How to Talk About Exam Results — Especially the Disappointing Ones
The moment a child hands over a disappointing result slip, two conversations are possible. One treats the result as a verdict on the child; the other treats it as information about what to do next. Children remember which conversation they got — and it quietly determines whether they bring you the next bad result or start hiding them.
First, manage yourself
Your child has usually known the result for hours and has been rehearsing your reaction all the way home. If your first response is visible anger or, sometimes worse, visible heartbreak, the lesson learned is that results are primarily about your feelings. It is completely fine to be disappointed. It is also fine to say 'I need a bit of time to look at this properly — let us talk after dinner.' A delayed calm conversation beats an immediate heated one every single time.
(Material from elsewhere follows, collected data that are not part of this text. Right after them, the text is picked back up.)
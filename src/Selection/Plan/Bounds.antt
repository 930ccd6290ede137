-- ===== src/Selection/Plan/Bounds.antt =====
-- The plan keeps its caps and its budget.
use apex_ray.Base.{
  ℕ, ◌+◌, ◌-◌, ◌≤◌, min, ◌≡◌, refl, ap, ◌∙◌, String, Bool, true, false, not, Option, none, some,
  List, [], ◌++◌, if◌then◌else◌, arith, length, length-append, length-filter, filter,
}
use apex_ray.Base.Dict.{Dict}
use apex_ray.Base.Sort.{length-sorted}
use apex_ray.Base.Distinct.{Distinct, Distinct-filter}
use apex_ray.Models.{ChangedFile, ContextPack, Priority}
use apex_ray.Selection.{IndexedPack, bounded_deep_cap, index_le}
use apex_ray.Selection.Cap.{has_index, select_llm_context_pack_indexes}
use apex_ray.Selection.Cap.Fill.{same_index, length-select_llm_context_pack_indexes}
use apex_ray.Selection.Tokens.{enumerate_from, select_indexes_with_token_budget}
use apex_ray.Selection.Tokens.Few.{enumerate_from-Distinct, length-select_indexes_with_token_budget}
use apex_ray.Selection.Tokens.Fits.{select_indexes_with_token_budget_fits}
use apex_ray.Selection.Plan.{
  Prompts, Limits, plan_stages, is_fast, remaining, deep_stage, deep_candidates, shallow_stage,
  shallow_candidates, shallow_budget_candidates, shallow_cap, reviewable, deep_over_budget_ids,
  selected_items,
}

-- The choice of a stage, none if the mode is fast.
abbrev unless : Bool → List IndexedPack × ℕ → List IndexedPack × ℕ
unless b r = if b then ([], 0) else r

unless-tokens : (b : Bool) (r : List IndexedPack × ℕ) (n : ℕ) → r.1 ≤ n → (unless b r).1 ≤ n
unless-tokens true r n h = omega arith
unless-tokens false r n h = h

unless-length :
    (b : Bool) (r : List IndexedPack × ℕ) (n : ℕ) → length r.0 ≤ n → length (unless b r).0 ≤ n
unless-length true r n h = omega arith
unless-length false r n h = h

length-if-none :
    (b : Bool) (xs : List IndexedPack) (n : ℕ) → length xs ≤ n → length (if b then [] else xs) ≤ n
length-if-none true xs n h = omega arith
length-if-none false xs n h = h

if-Distinct :
    (b : Bool) (xs : List IndexedPack)
    → Distinct same_index xs
    → Distinct same_index (if b then [] else xs)
if-Distinct true xs h = tt
if-Distinct false xs h = h

within_budget :
    (tokens : ContextPack → ℕ) (candidates : List IndexedPack) (packs : List ContextPack)
    (files : List ChangedFile) (budget : Option ℕ) (n : ℕ)
    → budget ≡ some n
    → (select_indexes_with_token_budget tokens candidates packs files budget).1 ≤ n
within_budget tokens candidates packs files budget n e =
    rw e ((select_indexes_with_token_budget_fits tokens candidates packs files n).1)

under_cap :
    (items : List IndexedPack) (files : List ChangedFile) (cap : Option ℕ)
    (archived : Dict String Priority) (n : ℕ)
    → Distinct same_index items
    → cap ≡ some n
    → length (select_llm_context_pack_indexes items files cap archived) ≤ n
under_cap items files cap archived n d e =
    let full = length-select_llm_context_pack_indexes items files n archived d in
    let few : length (select_llm_context_pack_indexes items files (some n) archived) ≤ n =
      omega (arith, full) in
    rw e few

-- With a cap on packs, the deep stage has a cap that is not larger.
bounded_deep_cap-le :
    (max_packs : ℕ) (max_deep_packs : Option ℕ)
    → (n : ℕ) × (bounded_deep_cap (some max_packs) max_deep_packs ≡ some n) × (n ≤ max_packs)
unfolding bounded_deep_cap
bounded_deep_cap-le max_packs none = (max_packs, refl, omega arith)
bounded_deep_cap-le max_packs (some d) = (min max_packs d, refl, omega arith)

module _ (prompts : Prompts) (limits : Limits) (packs : List ContextPack) (files : List ChangedFile)
    (archived : Dict String Priority) where
  -- The two stages together stay within the budget of input tokens, if there is one.
  pub plan_stages-tokens :
      (budget : ℕ)
      → limits.max_input_tokens ≡ some budget
      → let st = plan_stages prompts limits packs files archived in
        st.deep_tokens + st.shallow_tokens ≤ budget
  unfolding plan_stages
  plan_stages-tokens budget e =
      let deep = deep_stage prompts limits packs files archived in
      let candidates = shallow_budget_candidates prompts limits packs files archived in
      let rest = remaining limits.max_input_tokens deep.1 in
      let deep_fits : deep.1 ≤ budget =
        within_budget prompts.deep_tokens (deep_candidates prompts limits packs files archived)
          packs files limits.max_input_tokens budget e in
      let shallow_fits =
        within_budget prompts.shallow_tokens candidates packs files rest (budget - deep.1)
          (ap (λ o. remaining o deep.1) e) in
      let fits =
        unless-tokens (is_fast limits)
          (select_indexes_with_token_budget prompts.shallow_tokens candidates packs files rest)
          (budget - deep.1) shallow_fits in
      omega (arith, deep_fits, fits)

  items-Distinct :
      (p : IndexedPack → Bool) → Distinct same_index (filter p (enumerate_from 0 packs))
  items-Distinct p =
      Distinct-filter same_index p (enumerate_from 0 packs) (enumerate_from-Distinct 0 packs)

  length-deep_stage :
      (max_packs : ℕ)
      → limits.max_packs ≡ some max_packs
      → length (deep_stage prompts limits packs files archived).0 ≤ max_packs
  length-deep_stage max_packs e =
      let candidates = deep_candidates prompts limits packs files archived in
      let cap = bounded_deep_cap-le max_packs limits.max_deep_packs in
      let few =
        length-select_indexes_with_token_budget prompts.deep_tokens files candidates packs
          limits.max_input_tokens in
      let capped =
        under_cap (reviewable (deep_over_budget_ids limits packs) packs) files
          (bounded_deep_cap limits.max_packs limits.max_deep_packs) archived cap.0
          (items-Distinct _) (ap (λ o. bounded_deep_cap o limits.max_deep_packs) e ∙ cap.1) in
      omega (arith, few, capped, cap.2)

  length-shallow_stage :
      (max_packs : ℕ)
      → limits.max_packs ≡ some max_packs
      → length (shallow_stage prompts limits packs files archived).0
        ≤ max_packs - length (deep_stage prompts limits packs files archived).0
  length-shallow_stage max_packs e =
      let deep = deep_stage prompts limits packs files archived in
      let rest = remaining limits.max_input_tokens deep.1 in
      let n = max_packs - length deep.0 in
      let items = shallow_candidates prompts limits packs files archived in
      let candidates = shallow_budget_candidates prompts limits packs files archived in
      let cap = shallow_cap prompts limits packs files archived in
      let distinct : Distinct same_index items =
        if-Distinct (is_fast limits) _
          (Distinct-filter same_index (λ x. not (has_index x.0 deep.0)) _ (items-Distinct _)) in
      let capped =
        under_cap items files cap archived n distinct (ap (λ o. remaining o (length deep.0)) e) in
      let few =
        length-if-none (is_fast limits) (select_llm_context_pack_indexes items files cap archived) n
          capped in
      let chosen =
        length-select_indexes_with_token_budget prompts.shallow_tokens files candidates packs
          rest in
      unless-length (is_fast limits)
        (select_indexes_with_token_budget prompts.shallow_tokens candidates packs files rest) n
        (omega (arith, few, chosen))

  -- The plan selects no more packs than its cap, if it has one.
  pub plan_stages-packs :
      (max_packs : ℕ)
      → limits.max_packs ≡ some max_packs
      → length (selected_items (plan_stages prompts limits packs files archived)) ≤ max_packs
  unfolding plan_stages selected_items
  plan_stages-packs max_packs e =
      let deep = deep_stage prompts limits packs files archived in
      let shallow = shallow_stage prompts limits packs files archived in
      let new = filter (λ x. not (has_index x.0 deep.0)) shallow.0 in
      omega (
        arith,
        length-sorted index_le (deep.0 ++ new),
        length-append deep.0 new,
        length-filter (λ x. not (has_index x.0 deep.0)) shallow.0,
        length-deep_stage max_packs e,
        length-shallow_stage max_packs e,
      )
A conversation script that works
- Open with them, not the number: 'How do you feel about how it went?' Children are often harder on themselves than you would be, and hearing their own assessment first tells you what job the conversation needs to do — comfort, honesty, or planning.
- Separate the result from the person: 'This is a score on one paper. It is information, not a verdict on you.' Say it plainly; children this age take things literally.
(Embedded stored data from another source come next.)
-- ===== src/Selection/Examples.antt =====
-- The theorems on the selection of context packs, applied to three packs.
use mathlib.Core.List.{Mem}
use apex_ray.Base.{
  ℕ, ◌+◌, ◌≤◌, ◌≡◌, refl, min, false, not, if◌then◌else◌, ◌&&◌, ◌||◌, none, some, List, [], ◌∷◌,
  arith, length, sum_by, filter, contains, All, string_eq,
}
use apex_ray.Base.Dict.{lookup}
use apex_ray.Models.{ContextPack, FileKind, LlmCoverageMode, PackDepth, LlmContextSelection}
use apex_ray.Models.Samples.{pack}
use apex_ray.Selection.{IndexedPack}
use apex_ray.Selection.Cap.{has_index, select_llm_context_pack_indexes}
use apex_ray.Selection.Cap.Fill.{length-select_llm_context_pack_indexes}
use apex_ray.Selection.Cap.Source.{select_llm_context_pack_indexes-Mem}
use apex_ray.Selection.Tokens.{enumerate_from, select_indexes_with_token_budget}
use apex_ray.Selection.Tokens.Fits.{
  Settled, select_indexes_with_token_budget_fits, select_indexes_with_token_budget-Settled,
}
use apex_ray.Selection.Plan.{
  Prompts, Limits, Stages, plan_stages, selected_items, plan_llm_context_selection, selection_of,
}
use apex_ray.Selection.Plan.Bounds.{plan_stages-tokens, plan_stages-packs}
use apex_ray.Selection.Plan.Partition.{
  is_too_large, plan_llm_context_selection-partition, plan_llm_context_selection-reasons,
}
use apex_ray.Selection.Continue.{merge_continuation_selection}
use apex_ray.Selection.Consistent.{IsConsistent, planned, continued, Reach-IsConsistent}
use apex_ray.Selection.Plan.Disjoint.{plan_stages-disjoint}

abbrev packs : List ContextPack
packs =
    pack "a" "a.py" FileKind.source 400
    ∷ pack "b" "b.py" FileKind.source 900
    ∷ pack "t" "test_a.py" FileKind.test 200
    ∷ []

abbrev items : List IndexedPack
items =
    (0, pack "a" "a.py" FileKind.source 400)
    ∷ (1, pack "b" "b.py" FileKind.source 900)
    ∷ (2, pack "t" "test_a.py" FileKind.test 200)
    ∷ []

abbrev chars : ContextPack → ℕ
chars p = p.stats.estimated_chars

abbrev prompts : Prompts
prompts = record { deep_tokens = chars; shallow_tokens = λ p. 100; shallow_chars = λ p. 100 }

abbrev limits : Limits
limits = record {
  max_packs = some 2;
  max_deep_packs = some 1;
  max_input_tokens = some 1000;
  max_pack_chars = some 800;
  coverage_mode = LlmCoverageMode.balanced;
}

length-select_llm_context_pack_indexes_example :
    length (select_llm_context_pack_indexes items [] (some 2) []) ≡ min 2 (length items)
length-select_llm_context_pack_indexes_example =
    length-select_llm_context_pack_indexes items [] 2 []
      ((refl, (refl, tt)), ((refl, tt), (tt, tt)))

select_llm_context_pack_indexes-Mem_example :
    All (λ x. Mem x items) (select_llm_context_pack_indexes items [] (some 2) [])
select_llm_context_pack_indexes-Mem_example =
    select_llm_context_pack_indexes-Mem items [] (some 2) []

abbrev chosen : List IndexedPack × ℕ
chosen = select_indexes_with_token_budget chars items packs [] (some 1000)

select_indexes_with_token_budget_fits_example :
    (chosen.1 ≡ sum_by (λ x. chars x.1) chosen.0) × (chosen.1 ≤ 1000)
select_indexes_with_token_budget_fits_example =
    select_indexes_with_token_budget_fits chars items packs [] 1000

select_indexes_with_token_budget-Settled_example :
    All (Settled chars 1000 chosen) (filter (λ x. has_index x.0 items) (enumerate_from 0 packs))
select_indexes_with_token_budget-Settled_example =
    select_indexes_with_token_budget-Settled chars items packs [] 1000 (omega arith)

abbrev stages : Stages
stages = plan_stages prompts limits packs [] []

plan_stages-tokens_example : stages.deep_tokens + stages.shallow_tokens ≤ 1000
plan_stages-tokens_example = plan_stages-tokens prompts limits packs [] [] 1000 refl

plan_stages-packs_example : length (selected_items stages) ≤ 2
plan_stages-packs_example = plan_stages-packs prompts limits packs [] [] 2 refl

abbrev plan : LlmContextSelection
plan = plan_llm_context_selection prompts limits packs [] []

plan_llm_context_selection-partition_example :
    let in_stage =
      contains "b" plan.deep_selected_context_pack_ids
      || contains "b" plan.shallow_selected_context_pack_ids in
    (contains "b" plan.selected_context_pack_ids ≡ in_stage)
    × (contains "b" plan.unselected_context_pack_ids
        ≡ contains "b" plan.total_context_pack_ids && not in_stage)
plan_llm_context_selection-partition_example =
    plan_llm_context_selection-partition prompts limits packs [] [] "b"

plan_llm_context_selection-reasons_example : lookup "b" plan.skipped_context_pack_reasons ≡ (
    if contains "b" plan.deep_selected_context_pack_ids
      || contains "b" plan.shallow_selected_context_pack_ids
    then none
    else if is_too_large prompts limits packs "b"
    then some "over context budget"
    else if contains "b" plan.over_token_budget_context_pack_ids
    then some "not selected by LLM token budget"
    else some "not selected by LLM pack cap")
unfolding plan_llm_context_selection selection_of string_eq
plan_llm_context_selection-reasons_example =
    plan_llm_context_selection-reasons prompts limits packs [] [] "b" refl

plan_stages-disjoint_example : All (λ x. has_index x.0 stages.deep ≡ false) stages.shallow
plan_stages-disjoint_example = plan_stages-disjoint prompts limits packs [] []

abbrev continued_plan : LlmContextSelection
continued_plan =
    merge_continuation_selection (some plan) packs (pack "b" "b.py" FileKind.source 900 ∷ [])
      PackDepth.deep

Reach-IsConsistent_example : IsConsistent continued_plan
Reach-IsConsistent_example = Reach-IsConsistent (
    continued plan packs (pack "b" "b.py" FileKind.source 900 ∷ []) PackDepth.deep
      (planned prompts limits packs [] []))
- Get specific together: go through the paper, not just the grade. Where did marks actually go — content they never understood, careless slips, running out of time, questions left blank? Three different problems, three different fixes.
- Ask for their theory before offering yours: 'What do you think happened with Section B?' Their answer is usually more accurate than your guess, and a plan they helped write is a plan they might follow.
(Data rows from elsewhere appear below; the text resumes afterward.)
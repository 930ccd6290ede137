-- ===== src/Triage.antt =====
-- Suppressions of findings, src/apex_ray/triage.py: the records of the triage state and the operations that
-- create, replace, remove, prune and apply suppressions. A datetime is its instant in microseconds, as
-- `_as_utc` gives it. The new id and the current time are arguments. Reading and writing the state file,
-- and printing it, are not modelled.
pub mod Scope
pub mod Apply
pub mod State
pub mod Prune
pub mod Shadow
mod Examples
use apex_ray.Base.{
  ℕ, ◌+◌, ◌-◌, ◌*◌, String, Bool, true, false, not, ◌&&◌, ◌||◌, Option, none, some, List, [], ◌∷◌,
  ◌++◌, map, leb, ltb, if◌then◌else◌, filter, length, take, drop, contains, ◌==◌, string_eq,
  option_eq,
}
use apex_ray.Base.Dict.{Dict, lookup, insert}
use apex_ray.Base.Sort.{sorted}
use apex_ray.Models.{Finding, TriageConfig}

abbrev pub Datetime : Type 0
Datetime = ℕ

-- The number of microseconds in a day.
abbrev pub day : ℕ
day = 86_400_000_000

pub data SuppressionVerdict : Type 0 where
  false_positive not_actionable duplicate accepted_risk : SuppressionVerdict

pub data TriageEventKind : Type 0 where
  suppression_created suppression_matched suppression_stale : TriageEventKind
  suppression_expired suppression_pruned suppression_removed : TriageEventKind

pub record FindingSnapshot : Type 0 where
  pub fingerprint : String
  pub title : String
  pub severity : String
  pub confidence : String
  pub file : String
  pub line : Option ℕ
  pub context_pack_id : String
  pub context_pack_fingerprint : String

pub record FindingSuppression : Type 0 where
  pub id : String
  pub finding_fingerprint : String
  pub context_pack_id : String
  pub context_pack_fingerprint : String
  pub file : String
  pub line : Option ℕ
  pub title : String
  pub severity : String
  pub confidence : String
  pub verdict : SuppressionVerdict
  pub reason : String
  pub target_base_ref : Option String
  pub created_at : Datetime
  pub expires_at : Option Datetime
  pub last_matched_at : Option Datetime
  pub match_count : ℕ
  pub report_path : String

pub record TriageState : Type 0 where
  pub schema_version : String
  pub suppressions : List FindingSuppression

pub record TriageEvent : Type 0 where
  pub schema_version : String
  pub event : TriageEventKind
  pub suppression_id : String
  pub finding_fingerprint : String
  pub created_at : Datetime
  pub verdict : SuppressionVerdict
  pub reason : String
  pub suppression_reason : String
  pub file : String
  pub line : Option ℕ
  pub title : String
  pub severity : String
  pub context_pack_id : String

pub record FindingCandidate : Type 0 where
  pub finding : Finding
  pub snapshot : FindingSnapshot

pub record SuppressedFinding : Type 0 where
  pub finding : Finding
  pub suppression : FindingSuppression
  pub snapshot : FindingSnapshot

pub record StaleSuppression : Type 0 where
  pub finding : Finding
  pub suppression : FindingSuppression
  pub snapshot : FindingSnapshot
  pub reason : String

pub record TriagePruneResult : Type 0 where
  pub state : TriageState
  pub events : List TriageEvent
  pub expired_count : ℕ
  pub pruned_count : ℕ

pub record TriageApplyResult : Type 0 where
  pub remaining_findings : List Finding
  pub suppressed_findings : List SuppressedFinding
  pub stale_suppressions : List StaleSuppression
  pub state : TriageState
  pub events : List TriageEvent
  pub stale_count : ℕ

-- `TriageState(suppressions=...)`
abbrev pub state_of : List FindingSuppression → TriageState
state_of suppressions = record {
  schema_version = "finding-triage-state/v1";
  suppressions = suppressions;
}

pub triage_event : TriageEventKind → FindingSuppression → Datetime → String → TriageEvent
triage_event event suppression created_at reason = record {
  schema_version = "finding-triage-event/v1";
  event = event;
  suppression_id = suppression.id;
  finding_fingerprint = suppression.finding_fingerprint;
  created_at = created_at;
  verdict = suppression.verdict;
  reason = reason;
  suppression_reason = suppression.reason;
  file = suppression.file;
  line = suppression.line;
  title = suppression.title;
  severity = suppression.severity;
  context_pack_id = suppression.context_pack_id;
}

abbrev or_else : Option Datetime → Datetime → Datetime
or_else none t = t
or_else (some t) _ = t

pub create_suppression :
    (new_id : String) (snapshot : FindingSnapshot) (reason : String) (config : TriageConfig)
    (now : Datetime) (verdict : SuppressionVerdict) (expires_at : Option Datetime)
    (target_base_ref : Option String) (report_path : String)
    → FindingSuppression × TriageEvent
unfolding triage_event
create_suppression new_id snapshot reason config now verdict expires_at target_base_ref
      report_path =
    let suppression : FindingSuppression = record {
      id = new_id;
      finding_fingerprint = snapshot.fingerprint;
      context_pack_id = snapshot.context_pack_id;
      context_pack_fingerprint = snapshot.context_pack_fingerprint;
      file = snapshot.file;
      line = snapshot.line;
      title = snapshot.title;
      severity = snapshot.severity;
      confidence = snapshot.confidence;
      verdict = verdict;
      reason = reason;
      target_base_ref = target_base_ref;
      created_at = now;
      expires_at = some (or_else expires_at (now + config.default_expiry_days * day));
      last_matched_at = none;
      match_count = 0;
      report_path = report_path;
    } in
    (suppression, triage_event suppression_created suppression now reason)

-- The test under which a new suppression replaces an old one.
pub same_scope : FindingSuppression → FindingSuppression → Bool
same_scope existing suppression =
    existing.finding_fingerprint == suppression.finding_fingerprint
    && existing.context_pack_id == suppression.context_pack_id
    && existing.target_base_ref == suppression.target_base_ref

pub add_or_replace_suppression : TriageState → FindingSuppression → TriageState
unfolding same_scope
add_or_replace_suppression state suppression =
    let kept = filter (λ existing. not (same_scope existing suppression)) state.suppressions in
    state_of (kept ++ suppression ∷ [])

abbrev is_selected : String → FindingSuppression → Bool
is_selected selector suppression =
    suppression.id == selector || suppression.finding_fingerprint == selector

-- A suppression equal to a removed one has its id and fingerprint, so `not in removed` says that it is
-- not selected.
pub remove_suppressions : TriageState → String → Datetime → TriageState × List TriageEvent
unfolding triage_event
remove_suppressions state selector now =
    let removed = filter (is_selected selector) state.suppressions in
    let kept = filter (λ s. not (is_selected selector s)) state.suppressions in
    (state_of kept, map (λ s. triage_event suppression_removed s now "Removed by user.") removed)

pub is_expired : FindingSuppression → Datetime → Bool
is_expired suppression now = elim suppression.expires_at [
  | none ↦ false
  | some expires_at ↦ leb expires_at now
]

-- `suppression.last_matched_at or suppression.created_at`
pub last_used : FindingSuppression → Datetime
last_used suppression = or_else suppression.last_matched_at suppression.created_at

abbrev pub used_le : FindingSuppression → FindingSuppression → Bool
unfolding last_used
used_le s t = leb (last_used s) (last_used t)

abbrev pub active_at : Datetime → List FindingSuppression → List FindingSuppression
active_at now = filter (λ s. not (is_expired s now))

abbrev pub expired_at : Datetime → List FindingSuppression → List FindingSuppression
expired_at now = filter (λ s. is_expired s now)

pub prune_triage_state : TriageState → TriageConfig → Datetime → TriagePruneResult
unfolding triage_event is_expired last_used sorted
prune_triage_state state config now =
    let active = active_at now state.suppressions in
    let expired = expired_at now state.suppressions in
    let expired_events =
      map (λ s. triage_event suppression_expired s now "Suppression expired.") expired in
    if ltb config.max_active_suppressions (length active)
    then (let by_use = sorted used_le active in
        let prune_count = length by_use - config.max_active_suppressions in
        let stale = take prune_count by_use in
        record {
          state = state_of (drop prune_count by_use);
          events =
              expired_events
              ++ map
                  (λ s. triage_event suppression_pruned s now "Active suppression limit exceeded.")
                  stale;
          expired_count = length expired;
          pruned_count = length stale;
        })
    else record {
      state = state_of active;
      events = expired_events;
      expired_count = length expired;
      pruned_count = 0;
    }

-- `a and b and a != b`, where a missing reference and an empty one count as false.
abbrev pub refs_differ : Option String → Option String → Bool
refs_differ none _ = false
refs_differ (some a) none = false
refs_differ (some a) (some b) = not (a == "") && not (b == "") && not (a == b)

abbrev pub packs_differ : String → String → Bool
packs_differ a b = not (a == "") && not (b == "") && not (a == b)

abbrev pub stale_reason : String
stale_reason = "Context pack changed since suppression was created."

pub matching_suppression :
    FindingSnapshot
    → List FindingSuppression
    → Option String
    → Datetime
    → Option (FindingSuppression × String)
unfolding is_expired
matching_suppression snapshot [] target_base_ref now = none
matching_suppression snapshot (suppression ∷ rest) target_base_ref now =
    let later = matching_suppression snapshot rest target_base_ref now in
    if not (suppression.finding_fingerprint == snapshot.fingerprint)
    then later
    else if is_expired suppression now
    then later
    else if refs_differ suppression.target_base_ref target_base_ref
    then later
    else if packs_differ suppression.context_pack_fingerprint snapshot.context_pack_fingerprint
    then some (suppression, stale_reason)
    else some (suppression, "")

-- The local variables of `apply_suppressions`.
pub record ApplyState : Type 0 where
  pub remaining : List Finding
  pub suppressed : List SuppressedFinding
  pub stale : List StaleSuppression
  pub events : List TriageEvent
  pub stale_ids : List String
  pub updated_by_id : Dict String FindingSuppression

abbrev pub touched : Datetime → FindingSuppression → FindingSuppression
touched now suppression = record suppression {
  last_matched_at = some now;
  match_count = suppression.match_count + 1;
}

-- One round of the loop, by what `_matching_suppression` returned.
pub apply_match :
    Datetime → FindingCandidate → Option (FindingSuppression × String) → ApplyState → ApplyState
unfolding triage_event insert
apply_match now candidate none st = record st { remaining = st.remaining ++ candidate.finding ∷ [] }
apply_match now candidate (some (suppression, reason)) st =
    if not (reason == "")
    then if contains suppression.id st.stale_ids
      then record st { remaining = st.remaining ++ candidate.finding ∷ [] }
      else record st {
        remaining = st.remaining ++ candidate.finding ∷ [];
        stale =
            st.stale
            ++ record {
              finding = candidate.finding;
              suppression = suppression;
              snapshot = candidate.snapshot;
              reason = reason;
            }
              ∷ [];
        events = st.events ++ triage_event suppression_stale suppression now reason ∷ [];
        stale_ids = suppression.id ∷ st.stale_ids;
      }
    else (let updated = touched now suppression in
        record st {
          suppressed =
              st.suppressed
              ++ record {
                finding = candidate.finding;
                suppression = updated;
                snapshot = candidate.snapshot;
              }
                ∷ [];
          events = st.events ++ triage_event suppression_matched updated now updated.reason ∷ [];
          updated_by_id = insert suppression.id updated st.updated_by_id;
        })

pub apply_candidates :
    List FindingSuppression
    → Option String
    → Datetime
    → List FindingCandidate
    → ApplyState
    → ApplyState
unfolding apply_match matching_suppression
apply_candidates suppressions target_base_ref now [] st = st
apply_candidates suppressions target_base_ref now (candidate ∷ rest) st =
    apply_candidates suppressions target_base_ref now rest (
      apply_match now candidate
        (matching_suppression candidate.snapshot suppressions target_base_ref now) st)

abbrev get_or : Option FindingSuppression → FindingSuppression → FindingSuppression
get_or none s = s
get_or (some t) _ = t

-- `updated_by_id.get(suppression.id, suppression)` of the suppressions that are not stale.
pub next_suppressions :
    List String → Dict String FindingSuppression → List FindingSuppression → List FindingSuppression
next_suppressions stale_ids updated_by_id suppressions =
    map (λ s. get_or (lookup s.id updated_by_id) s)
      (filter (λ s. not (contains s.id stale_ids)) suppressions)

abbrev pub start : ApplyState
start = record {
  remaining = [];
  suppressed = [];
  stale = [];
  events = [];
  stale_ids = [];
  updated_by_id = [];
}

pub apply_suppressions :
    List FindingCandidate → TriageState → Option String → Datetime → TriageApplyResult
unfolding apply_candidates next_suppressions
apply_suppressions candidates state target_base_ref now =
    let st = apply_candidates state.suppressions target_base_ref now candidates start in
    record {
      remaining_findings = st.remaining;
      suppressed_findings = st.suppressed;
      stale_suppressions = st.stale;
      state = state_of (next_suppressions st.stale_ids st.updated_by_id state.suppressions);
      events = st.events;
      stale_count = length st.stale_ids;
    }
- End with one or two next steps, not ten: 'So this month, corrections within two days of every test, and one timed paper each fortnight.' Then close the conversation and do something normal together.
What to avoid
- Comparisons: 'Your cousin scored 85' teaches resentment, not maths.
- Instant consequences announced in anger — confiscating the phone for a semester within ninety seconds of seeing the slip. Consequences decided in the heat of the moment are usually disproportionate and quietly walked back later, which teaches the child that your rules are weather.
- The permanent record speech: implying that this P5 SA1 result has meaningfully altered their life trajectory. It has not, and they can tell you are catastrophising.
- Grade-contingent warmth. If affection visibly returns when marks do, children learn to see your love as a performance bonus. That lesson outlasts every exam.
- Interrogating effort you did not observe: 'You obviously did not study.' Sometimes true; often the child studied badly rather than not at all, and the accusation closes the very conversation that would reveal it.
Turning the result into a plan
A result becomes useful the moment it is converted into specifics. From the paper walk-through, you should be able to name where the marks went: perhaps ten marks to two topics never understood, six to carelessness, four to time. That maps to actions — targeted help on the two topics (a teacher consultation, a tutor, focused practice), a checking routine for carelessness, timed practice for pacing. Write the plan down, keep it to a handful of items, and put a review date on it, ideally the next class test. A plan with a review date is a plan; a plan without one is a lecture.
When the results are good
The good-results conversation matters too. Praise the process you actually saw — the consistent corrections, the past papers done without being asked — rather than announcing 'you are so smart.' Children praised only for being clever start avoiding anything that might disprove it. And resist the reflex of 'great, now aim for two marks higher.' Sometimes the correct full response to a good result is dinner at the place they like, and no strategy discussion at all.
The goal is not this term's marks. It is being the person your child still shows bad news to at sixteen.
- Hattie, J., & Timperley, H. (2007). The power of feedback. Review of Educational Research.
- Pomerantz, E. M., Moorman, E. A., & Litwack, S. D. (2007). The how, whom, and why of parents' involvement in children's academic lives. Review of Educational Research.
- Dweck, C. S. (2006). Mindset: The New Psychology of Success. Random House.